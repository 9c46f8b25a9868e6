-- ===== src/Assistant/Stream/Content.antt =====
-- backend/src/assistant/model.rs: the reply against the text that was streamed, and the bound on its tool
-- calls.
use rav.Common.{
  ℕ, zero, suc, ◌-◌, ◌≤◌, ◌≡◌, refl, sym, ap, ◌∙◌, subst, inl, inr, Option, none, some, List, [],
  ◌∷◌, ◌++◌, append_assoc, append-nil, arith, ltb, if-both, Bool-cases, length, length-append, ◌||◌,
  Text, codes, text_eq, Result, ok, err, Result-cases, ok-injective,
}
use rav.Assistant.{ModelReply, ModelError, ToolCall}
use rav.Assistant.Stream.{
  Reader, Streamed, and_then, push_lines, push_line, read_body, BodyEnd, concat, complete,
  complete_with, retried, send_result, Response, empty_reply, push_delta, push_chunk, push_stripped,
  Delta, Chunk, add_tool_calls, ToolDelta, grow, update, repeat_call, max_tool_call_index,
  strip_data, trim_line_end, take_lines, with_usage,
}

-- The content is what there was and the text that was streamed since; there are at most 17 tool calls.
abbrev pub IsFaithful : Text → Streamed ModelReply → Type 0
IsFaithful before (texts, ok reply) =
    (reply.content ≡ before ++ concat texts) × (length reply.tool_calls ≤ 17)
IsFaithful before (texts, err e) = Unit

concat-append : (xs ys : List Text) → concat (xs ++ ys) ≡ concat xs ++ concat ys
concat-append [] ys = refl
concat-append (x ∷ xs) ys = ap (λ t. x ++ t) (concat-append xs ys) ∙ sym (append_assoc x _ _)

length-repeat_call : (n : ℕ) → length (repeat_call n) ≡ n
unfolding repeat_call
length-repeat_call zero = refl
length-repeat_call (suc n) = ap suc (length-repeat_call n)

length-update :
    (i : ℕ) (tc : ToolDelta) (calls : List ToolCall) → length (update i tc calls) ≡ length calls
unfolding update
length-update i tc [] = refl
length-update zero tc (call ∷ calls) = refl
length-update (suc i) tc (call ∷ calls) = ap suc (length-update i tc calls)

add_tool_calls-bounded :
    (deltas : List ToolDelta) (calls after : List ToolCall)
    → length calls ≤ 17
    → add_tool_calls deltas calls ≡ ok after
    → length after ≤ 17
unfolding add_tool_calls
add_tool_calls-bounded [] calls after h e =
    subst (λ c. length c ≤ 17) (ok-injective calls after e) h
add_tool_calls-bounded (tc ∷ deltas) calls after h e =
    elim (Bool-cases (ltb max_tool_call_index tc.index)) [
      | inl over ↦ cc (rw over at e)
      | inr fits ↦
          add_tool_calls-bounded deltas (update tc.index tc (grow tc.index calls)) after
            (ground (
              arith,
              length-update tc.index tc (grow tc.index calls),
              length-append calls (repeat_call (suc tc.index - length calls)),
              length-repeat_call (suc tc.index - length calls),
              fits,
              h,
            ))
            (rw fits at e)
    ]

push_delta-IsFaithful :
    (d : Option Delta) (reply : ModelReply)
    → length reply.tool_calls ≤ 17
    → IsFaithful reply.content (push_delta d reply)
push_delta-IsFaithful none reply h = (sym (append-nil reply.content), h)
push_delta-IsFaithful (some d) reply h =
    elim (Result-cases (add_tool_calls d.tool_calls reply.tool_calls)) [
      | inl (calls, e) ↦ rw e (refl, add_tool_calls-bounded d.tool_calls reply.tool_calls calls h e)
      | inr (error, e) ↦ rw e tt
    ]

with_usage-kept :
    (usage : Option (ℕ × ℕ)) (reply : ModelReply)
    → ((with_usage usage reply).content ≡ reply.content)
      × ((with_usage usage reply).tool_calls ≡ reply.tool_calls)
with_usage-kept none reply = (refl, refl)
with_usage-kept (some (input, output)) reply = (refl, refl)

push_chunk-IsFaithful :
    (c : Result Chunk Text) (reply : ModelReply)
    → length reply.tool_calls ≤ 17
    → IsFaithful reply.content (push_chunk c reply)
push_chunk-IsFaithful (err e) reply h = tt
push_chunk-IsFaithful (ok chunk) reply h =
    let (same, kept) = with_usage-kept chunk.usage reply in
    if-both (IsFaithful reply.content) chunk.has_error tt (
      subst (λ s. IsFaithful s (push_delta chunk.delta (with_usage chunk.usage reply))) same
        (push_delta-IsFaithful chunk.delta (with_usage chunk.usage reply)
          (omega (arith, h, ap length kept))))

and_then-IsFaithful :
    (before : Text) (m : Streamed ModelReply) (next : ModelReply → Streamed ModelReply)
    → IsFaithful before m
    → ((r : ModelReply) → length r.tool_calls ≤ 17 → IsFaithful r.content (next r))
    → IsFaithful before (and_then m next)
and_then-IsFaithful before (texts, err e) next w h = tt
and_then-IsFaithful before (texts, ok r) next w h = continued (next r) (h r w.1)
  where
    continued :
        (m : Streamed ModelReply) → IsFaithful r.content m → IsFaithful before (texts ++ m.0, m.1)
    continued (more, err e) k = tt
    continued (more, ok after) k = (
      k.0
          ∙ ap (λ t. t ++ concat more) w.0
          ∙ append_assoc before (concat texts) (concat more)
          ∙ ap (λ t. before ++ t) (sym (concat-append texts more)),
      k.1,
    )

module _ (reader : Reader) where
  push_line-IsFaithful :
      (line : Text) (reply : ModelReply)
      → length reply.tool_calls ≤ 17
      → IsFaithful reply.content (push_line reader line reply)
  unfolding push_line
  push_line-IsFaithful l reply h = by_prefix (strip_data l)
    where
      by_prefix : (o : Option Text) → IsFaithful reply.content (push_stripped reader o reply)
      by_prefix none = (sym (append-nil reply.content), h)
      by_prefix (some text) =
          let same : IsFaithful reply.content ([], ok reply) =
            (sym (append-nil reply.content), h) in
          let line = reader.trim text in
          if-both (IsFaithful reply.content) (text_eq line [] || text_eq line (codes "[DONE]")) same
            (push_chunk-IsFaithful (reader.parse_chunk (reader.trim text)) reply h)

  push_lines-IsFaithful :
      (lines : List Text) (reply : ModelReply)
      → length reply.tool_calls ≤ 17
      → IsFaithful reply.content (push_lines reader lines reply)
  unfolding push_lines
  push_lines-IsFaithful [] reply h = (sym (append-nil reply.content), h)
  push_lines-IsFaithful (line ∷ lines) reply h =
      and_then-IsFaithful reply.content
        (push_line reader (trim_line_end (reader.decode line)) reply) (push_lines reader lines)
        (push_line-IsFaithful _ reply h) (push_lines-IsFaithful lines)

  read_body-IsFaithful :
      (chunks : List Text) (end : BodyEnd) (pending : Text) (reply : ModelReply)
      → length reply.tool_calls ≤ 17
      → IsFaithful reply.content (read_body reader chunks end pending reply)
  unfolding read_body
  read_body-IsFaithful [] (BodyEnd.interrupted e) pending reply h = tt
  read_body-IsFaithful [] BodyEnd.complete_body [] reply h = (sym (append-nil reply.content), h)
  read_body-IsFaithful [] BodyEnd.complete_body (b ∷ pending) reply h =
      push_line-IsFaithful _ reply h
  read_body-IsFaithful (bytes ∷ chunks) end pending reply h =
      let (lines, rest) = take_lines (pending ++ bytes) in
      and_then-IsFaithful reply.content (push_lines reader lines reply)
        (read_body reader chunks end rest) (push_lines-IsFaithful lines reply h)
        (read_body-IsFaithful chunks end rest)

  -- A reply that is returned, after one attempt or two, has as its content the texts that were streamed, in
  -- their order and each once, and at most 17 tool calls.
  pub complete-IsFaithful : (first second : Response) → IsFaithful [] (complete reader first second)
  unfolding complete
  complete-IsFaithful first second = by_body (retried (send_result first) (send_result second))
    where
      by_body :
          (r : Result (List Text × BodyEnd) ModelError) → IsFaithful [] (complete_with reader r)
      by_body (err e) = tt
      by_body (ok (chunks, end)) = read_body-IsFaithful chunks end [] empty_reply (omega arith)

Exercise requirements:
Show me each line of the listing above with "next" in it.

Task output:
    (before : Text) (m : Streamed ModelReply) (next : ModelReply → Streamed ModelReply)
    → ((r : ModelReply) → length r.tool_calls ≤ 17 → IsFaithful r.content (next r))
    → IsFaithful before (and_then m next)
and_then-IsFaithful before (texts, err e) next w h = tt
and_then-IsFaithful before (texts, ok r) next w h = continued (next r) (h r w.1)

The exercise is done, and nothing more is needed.